Meloku the Clouded Mirror
Meloku, the Clouded Mirror 2.0

Unlike Siege-Gang Commander and many of the other 5 drop one man army cards Meloku requires you to further invest to obtain your army. He flies and more importantly makes an army of fliers which is nice but he offers no extra utility beyond the returning of land which for the most part is just a drawback. There are quirky synergies and combos with the effect however in decks where you want to do that Trade Routes is simply a much more reliable way of doing this. Meloku is a great late game rip off the top and will win most games where he gets to live for a couple of turns however he is reasonably easy to deal with and offers little value when played when you first hit 5 mana and is then immediately dealt with. While you can get value from a dead Meloku that was killed with spot removal after you had spare mana he does nothing to give value through mass removal which can also be a pain. A good card but with too few homes and roles to be getting much play.


Frost Titan
Frost Titan 2.5

Probably the third best of the titan cycle but sadly quite a step down from Grave and Inferno. The tap effect is very nice in blue as a way to lock down things you would otherwise struggle to deal with. The protection is surprisingly handy although no way near the power of hexproof. Lack of trample or other evasion is a problem on such a big investment of fat and makes it hard to get much done against lots of little dorks. You want Titans to gain card advantage when you make them and you want the game to get quickly out of control when you get a few swings out of your Titan and Frosty here does neither of these things very well. On paper the Primeval Titan seems a bit better with the trample, the card advantage and the ability for the game to get very out of hand however you need the support cards for Primeval and you need the right deck. More decks exist that are good that can just throw in a Frost Titan and none of them need to worry much about the synergy with their other cards. If anything the biggest problem with Frosty is that the Sphynx's trump him at his various functions. For evasion and difficulty in removal Jwar Isle is the card and for games getting out of hand and offering you value Consecrated is the direction of Sphynx to head in.



Consecrated Sphinx
Consecrated Sphinx 3.6 

I hated this card when I first saw it and refused to put one in the cube for ages.

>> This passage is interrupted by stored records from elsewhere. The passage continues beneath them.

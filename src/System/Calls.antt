-- ===== src/System/Calls.antt =====
-- The calls on descriptors, and the limits of the kernel's state.
use orca_os.Base.{
  ℕ, zero, suc, ◌+◌, ℤ, pos, negsuc, pos_part, if_cases, Option, none, some, List, Memory, ltb,
  ◌==◌, ◌||◌,
}
use orca_os.Console.{Console}
use orca_os.Pic.{Pic}
use orca_os.Rtc.{Rtc}
use orca_os.Files.{Dentry, read_dentry_by_name}
use orca_os.Keyboard.Frame.{IsConsole}
use orca_os.Keyboard.Read.{terminal_read}
use orca_os.Process.{
  Driver, null, no_op, terminal, rtc, directory, file, raw, Fd, Kernel, current_fd, set_fd,
}
use orca_os.Process.Drivers.{file_read, file_write, directory_read, directory_write, local_dentry}
use orca_os.Process.Calls.{
  Events, from_terminal, from_clock, call_read, call_write, call_close, not_open, open_as,
  open_free, open_looked, ninth_flags, sys_read, sys_write, sys_open, sys_close, sys_getargs,
}
use orca_os.System.Calm.{
  set_fd-Calm, file_read-Calm, file_close-Calm, directory_read-Calm, directory_close-Calm,
  sys_getargs-Calm,
}
use orca_os.System.Consoles.{
  Read, terminal_close-IsConsole, terminal_write-IsConsole, terminal_read-IsConsole,
}
use orca_os.System.Limits.{Limits, Calm-Limits, with_console-Limits, Within}

pub with_pic-IsConsole : (p : Pic) (c : Console) → IsConsole c → IsConsole (record c { pic = p })
with_pic-IsConsole p c v = record {
  shown = v.shown;
  fits = v.fits;
  cursor = v.cursor;
  saved_columns = v.saved_columns;
  saved_rows = v.saved_rows;
  flags = v.flags;
}

-- The clock and the interrupt controllers may change.
pub with_clock-Limits :
    (s : Rtc) (p : Pic) (k : Kernel)
    → Limits k
    → Limits (record k { clock = s; console = record (k.console) { pic = p } })
with_clock-Limits s p k v = record {
  console = with_pic-IsConsole p k.console v.console;
  current = v.current;
  number = v.number;
  recover = v.recover;
  frame = v.frame;
  numbers = v.numbers;
  slots = v.slots;
  home = v.home;
}

from_terminal-Within :
    (k : Kernel) (o : Option (Console × List ℕ × Memory × ℤ))
    → Limits k
    → Read o
    → Within (from_terminal k o)
from_terminal-Within k none v w = tt
from_terminal-Within k (some (c, rest, out, r)) v w = with_console-Limits c k w v

from_clock-Within :
    (k : Kernel) (buf : Option Memory) (o : Option (Rtc × Pic × ℤ))
    → Limits k
    → Within (from_clock k buf o)
from_clock-Within k buf none v = tt
from_clock-Within k buf (some (s, p, r)) v = with_clock-Limits s p k v

call_read-Within :
    (d : Driver) (ev : Events) (fd : ℤ) (buf : Memory) (n : ℤ) (k : Kernel)
    → Limits k
    → Within (call_read d ev fd buf n k)
unfolding call_read file_read directory_read
call_read-Within terminal ev fd buf n k v =
    from_terminal-Within k (terminal_read ev.codes buf n k.console) v
      (terminal_read-IsConsole ev.codes buf n k.console v.console)
call_read-Within no_op ev fd buf n k v = v
call_read-Within rtc ev fd buf n k v = from_clock-Within k (some buf) _ v
call_read-Within directory ev fd buf n k v =
    Calm-Limits k _ (directory_read-Calm fd (some buf) n k) v
call_read-Within file ev fd buf n k v = Calm-Limits k _ (file_read-Calm fd (some buf) n k) v
call_read-Within null ev fd buf n k v = tt
call_read-Within (raw a) ev fd buf n k v = tt

call_write-Within :
    (d : Driver) (fd : ℤ) (buf : Memory) (n : ℤ) (k : Kernel)
    → Limits k
    → Within (call_write d fd buf n k)
unfolding call_write file_write directory_write
call_write-Within terminal fd buf n k v =
    with_console-Limits _ k (terminal_write-IsConsole buf n k.console v.console) v
call_write-Within no_op fd buf n k v = v
call_write-Within rtc fd buf n k v = with_clock-Limits _ k.console.pic k v
call_write-Within directory fd buf n k v = v
call_write-Within file fd buf n k v = v
call_write-Within null fd buf n k v = tt
call_write-Within (raw a) fd buf n k v = tt

pub call_close-Within :
    (d : Driver) (ev : Events) (fd : ℤ) (k : Kernel) → Limits k → Within (call_close d ev fd k)
unfolding call_close
call_close-Within terminal ev fd k v =
    with_console-Limits _ k (terminal_close-IsConsole k.console v.console) v
call_close-Within no_op ev fd k v = v
call_close-Within rtc ev fd k v = with_clock-Limits _ k.console.pic k v
call_close-Within directory ev fd k v = Calm-Limits k _ (directory_close-Calm fd k) v
call_close-Within file ev fd k v = Calm-Limits k _ (file_close-Calm fd k) v
call_close-Within null ev fd k v = tt
call_close-Within (raw a) ev fd k v = tt

pub sys_read-Within :
    (ev : Events) (fd : ℤ) (buf : Option Memory) (n : ℤ) (k : Kernel)
    → Limits k
    → Within (sys_read ev fd buf n k)
unfolding sys_read
sys_read-Within ev fd none n k v = v
sys_read-Within ev fd (some buf) n k v =
    if_cases Within (not_open fd k) (λ e. v)
      (λ e. call_read-Within (current_fd (pos_part fd) k).read ev fd buf n k v)

pub sys_write-Within :
    (fd : ℤ) (buf : Option Memory) (n : ℤ) (k : Kernel) → Limits k → Within (sys_write fd buf n k)
unfolding sys_write
sys_write-Within fd none n k v = v
sys_write-Within fd (some buf) n k v =
    if_cases Within (not_open fd k) (λ e. v)
      (λ e. call_write-Within (current_fd (pos_part fd) k).write fd buf n k v)

pub sys_close-Within : (ev : Events) (fd : ℤ) (k : Kernel) → Limits k → Within (sys_close ev fd k)
unfolding sys_close
sys_close-Within ev (negsuc n) k v = v
sys_close-Within ev (pos n) k v =
    if_cases Within (ltb n 2 || ltb 8 n) (λ e. v)
      (λ e.
        if_cases Within (n == 8) (λ f. if_cases Within (ninth_flags k == 0) (λ g. v) (λ g. tt))
          (λ f.
            if_cases Within ((current_fd n k).flags == 0) (λ g. v)
              (λ g. call_close-Within (current_fd n k).close ev (pos n) k v)))

open_as-Limits :
    (ev : Events) (e : Dentry) (i : ℕ) (k : Kernel) → Limits k → Limits (open_as ev e i k)
unfolding open_as
open_as-Limits ev e i k v =
    let set = λ (d : Fd). Calm-Limits k (set_fd i d k) (set_fd-Calm i d k) v in
    if_cases Limits (e.file_type == 0) (λ h. with_clock-Limits _ _ _ (set _))
      (λ h.
        if_cases Limits (e.file_type == 1) (λ g. set _)
          (λ g. if_cases Limits (e.file_type == 2) (λ f. set _) (λ f. set _)))

open_free-Limits :
    (ev : Events) (e : Dentry) (i left : ℕ) (k : Kernel)
    → Limits k
    → Limits (open_free ev e i left k).0
unfolding open_free
open_free-Limits ev e i zero k v = v
open_free-Limits ev e i (suc left) k v =
    if_cases (λ (r : Kernel × ℤ). Limits r.0) ((current_fd i k).flags == 0)
      (λ h. open_as-Limits ev e i k v) (λ h. open_free-Limits ev e (i + 1) left k v)

open_looked-Limits :
    (ev : Events) (r : ℤ × Option Dentry) (k : Kernel) → Limits k → Limits (open_looked ev r k).0
unfolding open_looked
open_looked-Limits ev (pos n, some e) k v = open_free-Limits ev e 2 6 k v
open_looked-Limits ev (pos n, none) k v = v
open_looked-Limits ev (negsuc n, o) k v = v

pub sys_open-Limits :
    (ev : Events) (name : Option (List ℕ)) (k : Kernel) → Limits k → Limits (sys_open ev name k).0
unfolding sys_open
sys_open-Limits ev none k v = v
sys_open-Limits ev (some name) k v =
    open_looked-Limits ev (read_dentry_by_name k.image (some name) (some local_dentry)) k v

pub sys_getargs-Limits :
    (buf : Memory) (n : ℤ) (k : Kernel) → Limits k → Limits (sys_getargs buf n k).0
sys_getargs-Limits buf n k v = Calm-Limits k _ (sys_getargs-Calm buf n k) v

Then I drafted someone else's cube and ended up with one that I was forced to play in my sub par UG deck. Suffice it to say I was quickly convinced of my error. The card draw seemed rather win more and the body alone for the mana did not excite. It is also plausible to lump Sphinx in the category of cards that offer no value if insta-gibbed however this is barely ever the case. The vast majority of the time you draw at least two cards from the effect, any more than two cards drawn and the game tends to be pretty over. A good finisher and as hard as most Titans to kill the Sphinx is about the best blue threat to end your curve on. I find I often play it instead of something like a Time Spiral or perhaps even a Fact or Fiction as it will be pretty effective as a card draw mechanism but then also doubles up as an extra threat. This means I am a lot less unhappy about losing this guy than I would be about losing something like a Baneslayer which earned its place in the deck as a pure threat and not a dual purpose card. Since adding Sphinx (rather later than I should have) poor old Frost Titan has seen very little play. Consecrated Sphinx has great synergy with Arcane Denial and Jace Beleren, it also has great synergy with Force of Will as you ideally want your late game cards to be blue so you can pitch them in the early stages if needed. Historically blue has outsourced most of its finishers in counter based control decks but more recently seems not to need to so much.